-- TASK DESCRIPTION --
Look through the material and tally each line bearing the word "step". Give only the total.

START DATA LISTING

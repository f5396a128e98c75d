-- ===== src/RenderTasks/Assign.antt =====
-- `RenderTaskTree::assign_to_passes` of webrender/src/render_task.rs returns, and keeps the passes in order.
use webrender.Prelude.{
  ℕ, zero, suc, ◌<◌, ◌≡◌, refl, List, [], ◌∷◌, ◌++◌, some, true, false, Run, done, length, set,
  get_elem?, get_elem?-set_self, lt_of_get_elem?, get_elem?_of_lt, length-append, All, arith, ◌==◌,
  if◌then◌else◌,
}
use webrender.TextureAllocator.{DeviceIntSize}
use webrender.RenderTasks.{
  RenderTask, RenderTaskTree, RenderPass, add_render_task, new_off_screen, ensure_pass, for_each,
  unless_empty, assign_to_passes, get_dynamic_size,
}
use webrender.RenderTasks.Ordered.{
  In-append_last, Has, Grows, Grows-refl, Grows-trans, Grows-set, Grows-append, Ordered-append,
  Ordered, Ordered-set,
}

-- Every child is a task of the tree, of a smaller depth.
abbrev pub IsLayered : RenderTaskTree → (ℕ → ℕ) → Type 0
IsLayered tree depth =
    (id : ℕ) (task : RenderTask)
    → get_elem? tree.tasks id ≡ some task
    → All (λ child. (child < length tree.tasks) × (depth child < depth id)) task.children

layered_All :
    (P : ℕ → Type 0) (n d : ℕ) (depth : ℕ → ℕ) (ids : List ℕ)
    → All (λ c. (c < n) × (depth c < d)) ids
    → ((c : ℕ) → c < n → depth c < d → P c)
    → All P ids
layered_All P n d depth [] h f = tt
layered_All P n d depth (c ∷ cs) h f = (f c h.0.0 h.0.1, layered_All P n d depth cs h.1 f)

module _ {T : Type 0} where
  -- The passes after an assignment of tasks to the pass `i`.
  pub record Assigns (tree : RenderTaskTree) (i : ℕ) (ids : List ℕ) (passes : List (RenderPass T))
      (r : Run (List (RenderPass T))) : Type 0 where
    pub after : List (RenderPass T)
    pub returns : r ≡ done after
    pub ordered : Ordered tree after
    pub grows : Grows passes after
    pub assigned : All (Has after i) ids

  ensure_pass-Grows :
      (screen_size : DeviceIntSize) (i : ℕ) (passes : List (RenderPass T))
      → Grows passes (ensure_pass screen_size i passes)
  ensure_pass-Grows screen_size i passes =
      elim (length passes == i)
        as (λ b. Grows passes (if b then passes ++ new_off_screen screen_size ∷ [] else passes)) [
          | true ↦ Grows-append passes (new_off_screen screen_size)
          | false ↦ Grows-refl passes
        ]

  ensure_pass-Ordered :
      (tree : RenderTaskTree) (screen_size : DeviceIntSize) (i : ℕ) (passes : List (RenderPass T))
      → Ordered tree passes
      → Ordered tree (ensure_pass screen_size i passes)
  ensure_pass-Ordered tree screen_size i passes ordered =
      elim (length passes == i)
        as (λ b. Ordered tree (if b then passes ++ new_off_screen screen_size ∷ [] else passes)) [
          | true ↦ Ordered-append tree passes (new_off_screen screen_size) refl ordered
          | false ↦ ordered
        ]

  ensure_pass-length :
      (screen_size : DeviceIntSize) (i : ℕ) (passes : List (RenderPass T))
      → i < length passes
      → suc i < length (ensure_pass screen_size (suc i) passes)
  ensure_pass-length screen_size i passes h =
      ground (arith, length-append passes (new_off_screen screen_size ∷ []))

  -- The loop over children that are all assigned to the pass `i`.
  pub for_each-Assigns :
      (tree : RenderTaskTree) (i : ℕ) (f : ℕ → List (RenderPass T) → Run (List (RenderPass T)))
      (ids : List ℕ) (passes : List (RenderPass T))
      (step : All
        (λ id.
          (ps : List (RenderPass T))
          → Ordered tree ps
          → i < length ps
          → Assigns tree i (id ∷ []) ps (f id ps))
        ids)
      → Ordered tree passes
      → i < length passes
      → Assigns tree i ids passes (for_each f ids passes)
  unfolding for_each
  for_each-Assigns tree i f [] passes step ordered room = record {
    after = passes;
    returns = refl;
    ordered = ordered;
    grows = Grows-refl passes;
    assigned = tt;
  }
  for_each-Assigns tree i f (id ∷ ids) passes step ordered room =
      let first = step.0 passes ordered room in
      let later =
        for_each-Assigns tree i f ids first.after step.1 first.ordered
          (omega (arith, first.grows.0, room)) in
      record {
        after = later.after;
        returns = rw first.returns later.returns;
        ordered = later.ordered;
        grows = Grows-trans passes first.after later.after first.grows later.grows;
        assigned = (later.grows.1 i id first.assigned.0, later.assigned);
      }

  -- `passes` with the children of the task assigned.
  record Children (tree : RenderTaskTree) (i : ℕ) (children : List ℕ) (passes : List (RenderPass T))
      (r : Run (List (RenderPass T))) : Type 0 where
    pub after : List (RenderPass T)
    pub returns : r ≡ done after
    pub ordered : Ordered tree after
    pub grows : Grows passes after
    pub assigned : All (Has after (suc i)) children

  unless_empty-Children :
      (tree : RenderTaskTree) (i : ℕ) (screen_size : DeviceIntSize) (children : List ℕ)
      (passes : List (RenderPass T)) (r : Run (List (RenderPass T)))
      → Ordered tree passes
      → Assigns tree (suc i) children (ensure_pass screen_size (suc i) passes) r
      → Children tree i children passes (unless_empty children (done passes) r)
  unless_empty-Children tree i screen_size [] passes r ordered a = record {
    after = passes;
    returns = refl;
    ordered = ordered;
    grows = Grows-refl passes;
    assigned = tt;
  }
  unless_empty-Children tree i screen_size (c ∷ cs) passes r ordered a = record {
    after = a.after;
    returns = a.returns;
    ordered = a.ordered;
    grows = Grows-trans passes _ a.after (ensure_pass-Grows screen_size (suc i) passes) a.grows;
    assigned = a.assigned;
  }

  -- The assignment of a task to a pass returns. No pass loses a task, the task is in the pass, and if the
  -- children of each task of a pass were in the pass after it, they are so afterwards. The pass is there,
  -- the task is one of the tree, children are tasks of the tree of a smaller depth, and the fuel exceeds
  -- the depth of the task.
  pub assign_to_passes_lem :
      (fuel : ℕ) (tree : RenderTaskTree) (depth : ℕ → ℕ) (id pass_index : ℕ)
      (screen_size : DeviceIntSize) (passes : List (RenderPass T))
      → IsLayered tree depth
      → depth id < fuel
      → id < length tree.tasks
      → pass_index < length passes
      → Ordered tree passes
      → Assigns tree pass_index
          (id ∷ [])
          passes
          (assign_to_passes fuel tree id pass_index screen_size passes)
  unfolding assign_to_passes add_render_task
  assign_to_passes_lem zero tree depth id i screen_size passes layered enough there room ordered =
      absurd (omega arith)
  assign_to_passes_lem (suc n) tree depth id i screen_size passes layered enough there room
        ordered =
      let (task, at_id) = get_elem?_of_lt tree.tasks id there in
      let loop =
        for_each-Assigns tree (suc i) (λ c. assign_to_passes n tree c (suc i) screen_size)
          task.children (ensure_pass screen_size (suc i) passes)
          (layered_All _ (length tree.tasks) (depth id) depth task.children (layered id task at_id)
            (λ c is_task less ps ps_ordered ps_room.
              assign_to_passes_lem n tree depth c (suc i) screen_size ps layered
                (omega (arith, less, enough)) is_task ps_room ps_ordered))
          (ensure_pass-Ordered tree screen_size (suc i) passes ordered)
          (ensure_pass-length screen_size i passes room) in
      let ch = unless_empty-Children tree i screen_size task.children passes _ ordered loop in
      let (pass, at_i) = get_elem?_of_lt ch.after i (omega (arith, room, ch.grows.0)) in
      let pass' =
        add_render_task pass id (get_dynamic_size task.location) task.target_kind task.location in
      record {
        after = set ch.after i pass';
        returns = rw (at_id, ch.returns, at_i) refl;
        ordered =
            Ordered-set tree ch.after i id task pass pass' ch.ordered at_id ch.assigned at_i refl;
        grows =
            Grows-trans passes ch.after (set ch.after i pass') ch.grows
              (Grows-set ch.after i id pass pass' at_i refl);
        assigned = (
          (
            pass',
            get_elem?-set_self ch.after i pass' (lt_of_get_elem? ch.after i at_i),
            In-append_last id pass.tasks,
          ),
          tt,
        );
      }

END DATA LISTING

-- ANSWER BOX --
5